■ TASK OBJECTIVE
Output exactly the lines below, starting with the line that has "-- A symbol" and going on through the line that has "(symbol_of : Currency", both included, and no other lines.

■ DATA SUPPLIED
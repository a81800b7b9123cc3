-- ===== src/Api/Uploads/Rows.antt =====
-- videos.py: what `complete_upload` does to `processing_jobs`, and the one row for each stage.
use nextballup.Prelude.{
  ℕ, ◌≡◌, Bool, ◌&&◌, Option, none, some, List, [], ◌∷◌, ◌++◌, ◌==◌, inl, inr, Bool-cases,
  find_where,
}
use nextballup.Core.Enums.{ProcessingJobStage, VideoStatus, stage_eq, status_eq}
use nextballup.Core.Text.{Text, texts_differ}
use nextballup.Db.{Db, User, Video, ProcessingJob, write_audit}
use nextballup.Worker.CvStages.{WorkerSettings, pending_job, add_job}
use nextballup.Api.Result.{Result, ok, err, Result-cases}
use nextballup.Api.Videos.{job_of_stage, save_video, or_raise-eq-err}
use nextballup.Api.Uploads.{
  CompleteUploadRequest, ObjectStore, UploadCheck, accept_upload, refuse_upload, settle_upload,
  complete_pending, handed_over, complete_video, video_of_coach, with_video, complete_upload,
  completion_audits, expected_checksum, check_upload,
}

-- A property of the table that holds before, and with the video's transcode job added.
module _ (P : List ProcessingJob → Type 0) (settings : WorkerSettings)
    (storage : Option ObjectStore) (user : User) (payload : CompleteUploadRequest) (new_id : ℕ)
    (db : Db) (same : P db.jobs)
    (more : (video : Video)
      → find_where
          (λ j. j.video_id == video.id && stage_eq j.stage ProcessingJobStage.transcode)
          db.jobs
        ≡ none
      → P (
          db.jobs
          ++ (pending_job new_id video.id video.team_id ProcessingJobStage.transcode db.now
              ∷ []))) where
  accept_upload-jobs :
      (video : Video) (expected : Option Text)
      → P (accept_upload settings user video expected new_id db).1.jobs
  unfolding accept_upload completion_audits write_audit add_job save_video job_of_stage
  accept_upload-jobs video expected =
      elim (Result-cases (job_of_stage video ProcessingJobStage.transcode db)) [
        | inl (j, e) ↦ rw (e, accept_upload) same
        | inr (x, e) ↦ rw (e, accept_upload) (more video (or_raise-eq-err _ _ _ e))
      ]

  settle_upload-jobs :
      (video : Video) (expected : Option Text) (check : UploadCheck)
      → P (settle_upload settings user video expected new_id check db).1.jobs
  unfolding settle_upload refuse_upload write_audit
  settle_upload-jobs video expected UploadCheck.accepted = accept_upload-jobs video expected
  settle_upload-jobs video expected (UploadCheck.refused e none) = same
  settle_upload-jobs video expected (UploadCheck.refused e (some extra)) = same

  complete_video-jobs :
      (video : Video) → P (complete_video settings storage user payload new_id db video).1.jobs
  unfolding complete_video complete_pending
  complete_video-jobs video = elim (Bool-cases (handed_over video.status)) [
    | inl h ↦ rw (h, complete_video) same
    | inr n ↦ elim (Bool-cases (status_eq video.status VideoStatus.pending_upload)) [
      | inr m ↦ rw (n, m, complete_video) same
      | inl p ↦
          let expected = expected_checksum payload.checksum_sha256 video.checksum_sha256 in
          elim (Bool-cases (texts_differ payload.checksum_sha256 video.checksum_sha256)) [
            | inl d ↦ rw (n, p, complete_video, d) same
            | inr d ↦
                rw (n, p, complete_video, d)
                  (settle_upload-jobs video expected (check_upload storage video payload expected))
          ]
    ]
  ]

  with_video-jobs :
      (found : Result Video)
      → P (with_video db (complete_video settings storage user payload new_id db) found).1.jobs
  unfolding with_video
  with_video-jobs (ok video) = complete_video-jobs video
  with_video-jobs (err e) = same

  pub complete_upload-jobs :
      (verified_only : Bool) (video_id : ℕ)
      → P (complete_upload verified_only settings storage user video_id payload new_id db).1.jobs
  unfolding complete_upload
  complete_upload-jobs verified_only video_id =
      with_video-jobs (video_of_coach verified_only user video_id db)
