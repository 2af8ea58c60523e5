-- ===== src/Oracle/Fx.antt =====
-- The exchange rates of backend/src/api/earnings.ts over the reader of backend/src/tools/price.ts.
use sorosense.Base.{String, ◌≡◌, refl, Option, none, some, inl, inr, get_or, Option-cases}
use mathlib.Core.Option
use sorosense.Double.{Doubles}
use sorosense.Results.{Result, ok, err, timeout, http, parse, unavailable, not_found}
use sorosense.Real.{truthy}
use sorosense.Seam.{Currency, usd, eur, mxn, currency_text}
use sorosense.Oracle.{
  Network, ReflectorOptions, ReaderState, AssetPrice, Read, read_price, whole, pinned_decimals,
}
use sorosense.Oracle.Positive.{IsPositive, Throws, Settled, read_price-Settled}
use Prim.Native.String.{◌++◌}

pub record FxEnv : Type 0 where
  pub fx_symbol_eur : Option String
  pub fx_symbol_mxn : Option String

unfoldable pub fx_symbol_for : Currency → FxEnv → Option String
fx_symbol_for usd env = none
fx_symbol_for eur env = some (get_or (truthy env.fx_symbol_eur) "EURC")
fx_symbol_for mxn env = truthy env.fx_symbol_mxn

module _ (d : Doubles) where
  -- A symbol that the feed does not carry is no rate.
  abbrev pub as_rate : Result (AssetPrice d) → Result d.Number
  as_rate (ok p) = ok p.price
  as_rate (err not_found why) = err unavailable why
  as_rate (err timeout why) = err timeout why
  as_rate (err http why) = err http why
  as_rate (err parse why) = err parse why
  as_rate (err unavailable why) = err unavailable why

  module _ {W S V : Type 0} (net : Network d W S V) (options : ReflectorOptions d S)
      (symbol_of : Currency → Option String) where
    pub record FxRead : Type 0 where
      pub rate : Option (Result d.Number)
      pub state : ReaderState d S
      pub world : W

    abbrev pub fx_of : Read d net → FxRead
    fx_of r = record { rate = Option.map as_rate r.result; state = r.state; world = r.world }

    -- A bucket other than USD.
    abbrev pub fx_by_symbol : Currency → ReaderState d S → W → FxRead
    fx_by_symbol c st w = elim (symbol_of c) [
      | none ↦ record {
        rate = some (
            err unavailable (
              "no Reflector symbol configured for "
              ++ (currency_text c ++ (" (FX_SYMBOL_" ++ (currency_text c ++ ")")))));
        state = st;
        world = w;
      }
      | some symbol ↦ fx_of (read_price d net options symbol st w)
    ]

    -- One call of the source that `makeReflectorFx` gives.
    unfoldable pub reflector_fx : Currency → ReaderState d S → W → FxRead
    reflector_fx usd st w = record { rate = some (ok (whole d 1)); state = st; world = w }
    reflector_fx eur st w = fx_by_symbol eur st w
    reflector_fx mxn st w = fx_by_symbol mxn st w

    -- What is told of a currency other than USD: a rate is finite and not at most zero, no error says that
    -- the currency is not found, and a rejection is one of the reader's.
    abbrev pub FeedSettled : Option d.Number → Option (Result d.Number) → Type 0
    FeedSettled known (some (ok x)) = IsPositive d x
    FeedSettled known (some (err code why)) = ¬ (code ≡ not_found)
    FeedSettled known none = Throws net × (pinned_decimals d net options ≡ none) × (known ≡ none)

    abbrev pub FxSettled : Currency → Option d.Number → Option (Result d.Number) → Type 0
    FxSettled usd known told = told ≡ some (ok (whole d 1))
    FxSettled eur known told = FeedSettled known told
    FxSettled mxn known told = FeedSettled known told

    as_rate-FeedSettled :
        (symbol : String) (known : Option d.Number) (result : Option (Result (AssetPrice d)))
        → Settled net options symbol known result
        → FeedSettled known (Option.map as_rate result)
    as_rate-FeedSettled symbol known none h = h
    as_rate-FeedSettled symbol known (some (ok p)) h = h.1
    as_rate-FeedSettled symbol known (some (err not_found why)) h = λ e. cc
    as_rate-FeedSettled symbol known (some (err timeout why)) h = λ e. cc
    as_rate-FeedSettled symbol known (some (err http why)) h = λ e. cc
    as_rate-FeedSettled symbol known (some (err parse why)) h = λ e. cc
    as_rate-FeedSettled symbol known (some (err unavailable why)) h = λ e. cc

    by_symbol-FeedSettled :
        (c : Currency) (st : ReaderState d S) (w : W)
        → FeedSettled st.decimals (fx_by_symbol c st w).rate
    by_symbol-FeedSettled c st w = elim (Option-cases (symbol_of c)) [
      | inl e ↦ rw (fx_by_symbol, e) (λ f. cc)
      | inr (symbol, e) ↦
          rw (fx_by_symbol, e)
            (as_rate-FeedSettled symbol st.decimals (read_price d net options symbol st w).result
              (read_price-Settled net options symbol st w))
    ]

    -- Whatever the feed answers, the rate of USD is the number one and never fails. For EUR and MXN a rate
    -- is finite and not at most zero, no error has the code `not_found`, and a call rejects only if the
    -- scale is neither known nor pinned and there is a value that the decoder of the feed throws on.
    pub reflector_fx-FxSettled :
        (c : Currency) (st : ReaderState d S) (w : W)
        → FxSettled c st.decimals (reflector_fx c st w).rate
    unfolding reflector_fx
    reflector_fx-FxSettled usd st w = refl
    reflector_fx-FxSettled eur st w = by_symbol-FeedSettled eur st w
    reflector_fx-FxSettled mxn st w = by_symbol-FeedSettled mxn st w
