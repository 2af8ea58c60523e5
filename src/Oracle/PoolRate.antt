-- ===== src/Oracle/PoolRate.antt =====
-- backend/src/tools/pool-rate.ts: the reader of a yield pool's rate.
use sorosense.Base.{
  ℕ, String, ◌≡◌, refl, true, false, Option, none, some, ◌||◌, not, if◌then◌else◌, Bool-cases,
  Option-cases, inl, inr, arith,
}
use sorosense.Double.{Doubles}
use sorosense.Results.{Result, ok, err, parse, unavailable}
use sorosense.Real.{truthy}
use sorosense.Oracle.{
  stalled, failed, describe, Reply, returned, threw, Built, source_made, misconfigured, Decoded,
  Decoding, decoded, undecodable, to_number, whole, failure,
}
use Prim.Native.String.{◌++◌}

pub record PoolSourceConfig : Type 0 where
  pub rpc_url : String
  pub network_passphrase : String
  pub pool_id : String
  pub timeout_ms : Option ℕ

pub record PoolRateEnv : Type 0 where
  pub stellar_rpc_url : Option String
  pub stellar_network_passphrase : Option String

unfoldable pub pool_source_config_from : String → PoolRateEnv → Option ℕ → Option PoolSourceConfig
pool_source_config_from pool env timeout_ms = elim (truthy env.stellar_rpc_url) [
  | none ↦ none
  | some url ↦ elim (truthy env.stellar_network_passphrase) [
    | none ↦ none
    | some passphrase ↦ elim (truthy (some pool)) [
      | none ↦ none
      | some id ↦ some (record {
        rpc_url = url;
        network_passphrase = passphrase;
        pool_id = id;
        timeout_ms = timeout_ms;
      })
    ]
  ]
]

module _ (d : Doubles) where
  -- The SDK and the network: a source simulates `rate_bps` over a world.
  pub record PoolNetwork (W S V : Type 0) : Type 0 where
    pub simulate : S → W → Reply V × W
    pub build : PoolSourceConfig → Built S
    pub to_native : V → Decoding d
    pub text : Decoded d → String

  pub record PoolRateOptions (S : Type 0) : Type 0 where
    pub source : Option S
    pub timeout_ms : Option ℕ
    pub env : PoolRateEnv

  -- `native` by `text`; what is no number is NaN, which is not finite.
  unfoldable pub checked_rate : (Decoded d → String) → String → Decoded d → Result d.Number
  checked_rate text pool native =
      let refused : Result d.Number = err parse (
        "yield pool rate for "
        ++ (pool ++ (" is not a positive bps u32 (" ++ (text native ++ ")")))) in
      elim (to_number d native) [
        | none ↦ refused
        | some bps ↦
            if not (d.is_finite bps) || (not (d.is_integer bps) || d.le bps (whole d 0))
            then refused
            else ok (d.over bps (whole d 100))
      ]

  module _ {W S V : Type 0} (net : PoolNetwork W S V) where
    unfoldable pub decode_rate : String → Option V → Result d.Number
    decode_rate pool none = err unavailable ("yield pool returned nothing for " ++ pool)
    decode_rate pool (some v) = elim (net.to_native v) [
      | undecodable why ↦
          err parse ("yield pool rate for " ++ (pool ++ (" is not decodable: " ++ describe why)))
      | decoded native ↦ checked_rate net.text pool native
    ]

    abbrev pub rate_in : String → Reply V → Result d.Number
    rate_in pool (threw cause) = failure ("yield pool rate_bps(" ++ (pool ++ ")")) cause
    rate_in pool (returned retval) = decode_rate pool retval

    -- The result, the source that the closure keeps, and the world.
    pub record PoolRead : Type 0 where
      pub result : Result d.Number
      pub source : Option S
      pub world : W

    abbrev pub read_rate_from : String → S → W → PoolRead
    read_rate_from pool source w =
        let (reply, w') = net.simulate source w in
        record { result = rate_in pool reply; source = some source; world = w' }

    -- One call of the reader that `makePoolRateReader` gives, whose source may be known.
    unfoldable pub read_pool_rate : PoolRateOptions S → String → Option S → W → PoolRead
    read_pool_rate options pool (some source) w = read_rate_from pool source w
    read_pool_rate options pool none w =
        elim (pool_source_config_from pool options.env options.timeout_ms) [
          | none ↦ record {
            result =
                err unavailable
                  "yield pool not configured (STELLAR_RPC_URL / _PASSPHRASE / pool id)";
            source = none;
            world = w;
          }
          | some config ↦ elim (net.build config) [
            | misconfigured cause ↦ record {
              result = err unavailable ("yield pool is misconfigured: " ++ describe cause);
              source = none;
              world = w;
            }
            | source_made source ↦ read_rate_from pool source w
          ]
        ]

  -- A rate that is let through is a hundredth of a finite whole number of basis points above zero.
  abbrev pub IsRate : Result d.Number → Type 0
  IsRate (err code why) = Unit
  IsRate (ok apy) =
      (bps : d.Number) × ((apy ≡ d.over bps (whole d 100))
        × ((d.is_finite bps ≡ true) × ((d.is_integer bps ≡ true) × (d.le bps (whole d 0) ≡ false))))

  checked_rate-IsRate :
      (text : Decoded d → String) (pool : String) (native : Decoded d)
      → IsRate (checked_rate text pool native)
  unfolding checked_rate
  checked_rate-IsRate text pool native = elim (Option-cases (to_number d native)) [
    | inl e ↦ rw (checked_rate, e) tt
    | inr (bps, e) ↦
        elim (Bool-cases
          (not (d.is_finite bps) || (not (d.is_integer bps) || d.le bps (whole d 0)))) [
            | inl bad ↦ rw (checked_rate, e, bad) tt
            | inr good ↦
                rw (checked_rate, e, good)
                  (
                    bps,
                    (refl, (ground (arith, good), (ground (arith, good), ground (arith, good)))),
                  )
          ]
  ]

  module _ {W S V : Type 0} (net : PoolNetwork W S V) where
    decode_rate-IsRate : (pool : String) (retval : Option V) → IsRate (decode_rate net pool retval)
    unfolding decode_rate
    decode_rate-IsRate pool none = tt
    decode_rate-IsRate pool (some v) = by_decoding (net.to_native v) refl
      where
        by_decoding :
            (native : Decoding d)
            → net.to_native v ≡ native
            → IsRate (decode_rate net pool (some v))
        by_decoding (undecodable why) e = rw (decode_rate, e) tt
        by_decoding (decoded native) e =
            rw (decode_rate, e) (checked_rate-IsRate net.text pool native)

    rate_in-IsRate : (pool : String) (reply : Reply V) → IsRate (rate_in net pool reply)
    rate_in-IsRate pool (threw stalled) = tt
    rate_in-IsRate pool (threw (failed why)) = tt
    rate_in-IsRate pool (returned retval) = decode_rate-IsRate pool retval

    -- Whatever the pool, the network and the environment answer, a call of the reader ends with a typed
    -- error or with a hundredth of a finite whole number of basis points that is not at most zero.
    pub read_pool_rate-IsRate :
        (options : PoolRateOptions S) (pool : String) (source : Option S) (w : W)
        → IsRate (read_pool_rate net options pool source w).result
    unfolding read_pool_rate
    read_pool_rate-IsRate options pool (some source) w = rate_in-IsRate pool _
    read_pool_rate-IsRate options pool none w =
        elim (Option-cases (pool_source_config_from pool options.env options.timeout_ms)) [
          | inl e ↦ rw (read_pool_rate, e) tt
          | inr (config, e) ↦ by_build config e (net.build config) refl
        ]
      where
        by_build :
            (config : PoolSourceConfig)
            → pool_source_config_from pool options.env options.timeout_ms ≡ some config
            → (b : Built S) → net.build config ≡ b
            → IsRate (read_pool_rate net options pool none w).result
        by_build config e (misconfigured cause) f = rw (read_pool_rate, e, f) tt
        by_build config e (source_made source) f = rw (read_pool_rate, e, f) (rate_in-IsRate pool _)
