-- ===== src/Oracle/Tests.antt =====
-- Prices and rates that backend/src/tools/price.ts and backend/src/tools/pool-rate.ts read from a canned
-- feed, and the theorem at it.
use sorosense.Base.{ℕ, ◌+◌, ◌≡◌, refl, String, Option, none, some}
use sorosense.Int.{pos, ◌*ℤ◌, ◌/ℤ◌}
use sorosense.Double.Fixed.{fixed}
use sorosense.Results.{ok}
use sorosense.Seam.{Currency, eur}
use sorosense.Oracle.{
  failed, decimals_call, lastprice_call, returned, source_made, number, bigint, fields, decoded,
  undecodable, Decoding, decode_fields, decode_price, Network, ReflectorOptions, read_decimals,
  read_from, read_price, new_reader, reflector_decimals,
}
use sorosense.Oracle.Fx.{FxEnv, fx_symbol_for, reflector_fx, FxSettled, reflector_fx-FxSettled}
use sorosense.Oracle.PoolRate.{
  PoolNetwork, PoolRateOptions, checked_rate, decode_rate, read_pool_rate, IsRate,
  read_pool_rate-IsRate,
}

data Canned : Type 0 where
  scale price broken : Canned

abbrev canned_native : Canned → Decoding fixed
canned_native scale = decoded (number (pos 20_000))
canned_native price = decoded (fields (bigint (pos 114)) (bigint (pos 7)))
canned_native broken = undecodable (failed "bad value")

-- A feed that lists one price, 1.14 at the scale of 2, over a world that counts the calls. A source is
-- what it answers when it is asked for the scale.
abbrev net : Network fixed ℕ Canned Canned
net = record {
  simulate = λ source call n. elim call [
    | decimals_call ↦ (returned (some source), 1 + n)
    | lastprice_call asset ↦ (returned (some price), 1 + n)
  ];
  build = λ config. source_made scale;
  to_native = canned_native;
  text = λ x. "?";
}

abbrev options : ReflectorOptions fixed Canned
options = record {
  source = some scale;
  decimals = none;
  timeout_ms = none;
  env = record {
    stellar_rpc_url = none;
    stellar_network_passphrase = none;
    reflector_oracle_id = none;
    reflector_decimals = none;
  };
}

abbrev env : FxEnv
env = record { fx_symbol_eur = none; fx_symbol_mxn = none }

abbrev symbol_of : Currency → Option String
symbol_of c = fx_symbol_for c env

euro :
    (reflector_fx fixed net options symbol_of eur (new_reader fixed net options) 0).rate
    ≡ some (ok (pos 11_400))
unfolding reflector_fx fx_symbol_for read_price read_from read_decimals decode_price decode_fields
    reflector_decimals ◌*ℤ◌ ◌/ℤ◌
euro = refl

-- The first read asks for the scale, a later one does not.
calls :
    let first = reflector_fx fixed net options symbol_of eur (new_reader fixed net options) 0 in
    (first.world ≡ 2)
    × ((reflector_fx fixed net options symbol_of eur first.state first.world).world ≡ 3)
unfolding reflector_fx fx_symbol_for read_price read_from read_decimals decode_price decode_fields
    reflector_decimals ◌*ℤ◌ ◌/ℤ◌
calls = (refl, refl)

-- A scale that does not decode rejects the call.
rejected :
    (read_price fixed net
      (record options { source = some broken })
      "EURC"
      (record { source = some broken; decimals = none })
      0).result
    ≡ none
unfolding read_price read_from read_decimals reflector_decimals
rejected = refl

reflector_fx-FxSettled_example :
    FxSettled fixed net options symbol_of eur none
      (reflector_fx fixed net options symbol_of eur (new_reader fixed net options) 0).rate
reflector_fx-FxSettled_example =
    reflector_fx-FxSettled fixed net options symbol_of eur (new_reader fixed net options) 0

abbrev pool_net : PoolNetwork fixed ℕ ℕ ℕ
pool_net = record {
  simulate = λ source n. (returned (some source), 1 + n);
  build = λ config. source_made 0;
  to_native = λ v. decoded (bigint (pos v));
  text = λ x. "?";
}

abbrev pool_options : PoolRateOptions fixed ℕ
pool_options = record {
  source = some 1_000;
  timeout_ms = none;
  env = record { stellar_rpc_url = none; stellar_network_passphrase = none };
}

ten_percent :
    (read_pool_rate fixed pool_net pool_options "CPOOL" (some 1_000) 0).result ≡ ok (pos 100_000)
unfolding read_pool_rate decode_rate checked_rate ◌*ℤ◌ ◌/ℤ◌
ten_percent = refl

read_pool_rate-IsRate_example :
    IsRate fixed (read_pool_rate fixed pool_net pool_options "CPOOL" (some 1_000) 0).result
read_pool_rate-IsRate_example =
    read_pool_rate-IsRate fixed pool_net pool_options "CPOOL" (some 1_000) 0
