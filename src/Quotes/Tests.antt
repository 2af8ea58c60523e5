-- ===== src/Quotes/Tests.antt =====
-- Holdings, rates and projections of backend/src/api at concrete deposits, and the theorems at them.
use sorosense.Base.{◌≡◌, refl, false, none, some, [], ◌∷◌, All, string_key}
use sorosense.Int.{pos, ◌*ℤ◌, ◌/ℤ◌, ltb_ℤ, ◌+ℤ◌, ◌-ℤ◌}
use sorosense.Dict.{has}
use sorosense.Double.Fixed.{fixed, fixed-IsStrictOrder}
use sorosense.Fee.{net_apy, performance_fee_bps}
use sorosense.Text.{parse_int, last_word}
use sorosense.Results.{ok, err, unavailable}
use sorosense.Seam.{usd, eur, mxn, active}
use sorosense.Catalog.{
  rwa, lending, VenueMeta, CatalogEntry, to_meta, get_catalog, get_venue, resolve_venue,
  best_safe_venue, catalog_apy, kind_label,
}
use sorosense.Catalog.Best.{best_safe_venue_best}
use sorosense.Quotes.{
  VaultReads, FxSource, Holding, HoldingsDeps, get_holdings, get_rates, bucket_holdings,
  bucket_holding, funded_bucket, quote_bucket, all_of, collect,
}
use sorosense.Quotes.Funded.{IsFunded, IsPriced, get_holdings_funded, holdings_match_rates}

-- 25 dollars in no pool, and nothing else.
abbrev vault : VaultReads
vault = record {
  balance_of =
      λ who c. elim c [ usd ↦ some (pos 250_000_000) | eur ↦ some (pos 0) | mxn ↦ some (pos 0) ];
  asset_value_of = λ who c. some (pos 250_000_000);
  active_pool = λ c. some none;
  pool_status = λ pool. some active;
}

-- Only dollars have a rate.
abbrev fx : FxSource fixed
fx c = elim c [
  | usd ↦ ok (pos 10_000)
  | eur ↦ err unavailable "no rate"
  | mxn ↦ err unavailable "no rate"
]

abbrev deps : HoldingsDeps fixed
deps = record {
  vault = vault;
  fx = fx;
  apy = catalog_apy fixed;
  fee_bps = performance_fee_bps (some " 50bps");
}

fee_read : performance_fee_bps (some " 50bps") ≡ 50
unfolding performance_fee_bps parse_int
fee_read = refl

fee_default : performance_fee_bps (some "20000") ≡ 100
unfolding performance_fee_bps parse_int
fee_default = refl

cetes_label : kind_label rwa "Etherfuse  CETES " ≡ "CETES"
unfolding kind_label last_word
cetes_label = refl

abbrev best_usd : VenueMeta fixed
best_usd = record {
  id = "sorosense-usd";
  venue = "SoroSense";
  name = "SoroSense USD pool";
  kind = lending;
  apy = pos 100_000;
}

best_usd_found : best_safe_venue fixed usd ≡ some best_usd
unfolding best_safe_venue get_catalog has ◌*ℤ◌ ◌/ℤ◌
best_usd_found = refl

best_safe_venue_best_case :
    (resolve_venue fixed best_usd.id ≡ some best_usd)
    × ((v : CatalogEntry fixed) × ((best_usd ≡ to_meta fixed v) × (v.currency ≡ usd)))
    × All (λ w. ltb_ℤ best_usd.apy w.apy ≡ false) (get_catalog fixed (some usd))
best_safe_venue_best_case = best_safe_venue_best fixed-IsStrictOrder usd best_usd_found

abbrev held : Holding fixed
held = record {
  quoted = record {
    currency = usd;
    name = "SoroSense USD pool";
    venue = "SoroSense";
    kind = lending;
    tags = "SoroSense" ∷ "Fixed pool" ∷ [];
    apy = pos 100_000;
    net_apy = pos 99_500;
    fee_bps = 50;
  };
  shares = pos 250_000_000;
  value = pos 250_000_000;
  value_usd = pos 250_000;
  frozen = false;
}

-- The empty buckets ask for no rate.
listed : get_holdings fixed deps "alice" (usd ∷ eur ∷ []) ≡ some (ok (held ∷ []))
unfolding get_holdings bucket_holdings bucket_holding funded_bucket quote_bucket all_of collect
    net_apy performance_fee_bps parse_int kind_label best_safe_venue resolve_venue get_venue
    get_catalog has catalog_apy ◌+ℤ◌ ◌-ℤ◌ ◌*ℤ◌ ◌/ℤ◌
listed = refl

get_holdings_funded_example :
    All (IsFunded deps "alice") (held ∷ []) × All (IsPriced deps "alice") (usd ∷ eur ∷ [])
get_holdings_funded_example = get_holdings_funded deps "alice" (usd ∷ eur ∷ []) listed

holdings_match_rates_case :
    All
      (λ h.
        vault.active_pool h.quoted.currency ≡ some none
        → get_rates fixed (catalog_apy fixed) deps.fee_bps (h.quoted.currency ∷ [])
          ≡ ok (h.quoted ∷ []))
      (held ∷ [])
holdings_match_rates_case = holdings_match_rates deps "alice" (usd ∷ eur ∷ []) listed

■ WRITTEN REPLY
  -- A symbol that the feed does not carry is no rate.
  abbrev pub as_rate : Result (AssetPrice d) → Result d.Number
  as_rate (ok p) = ok p.price
  as_rate (err not_found why) = err unavailable why
  as_rate (err timeout why) = err timeout why
  as_rate (err http why) = err http why
  as_rate (err parse why) = err parse why
  as_rate (err unavailable why) = err unavailable why

  module _ {W S V : Type 0} (net : Network d W S V) (options : ReflectorOptions d S)
      (symbol_of : Currency → Option String) where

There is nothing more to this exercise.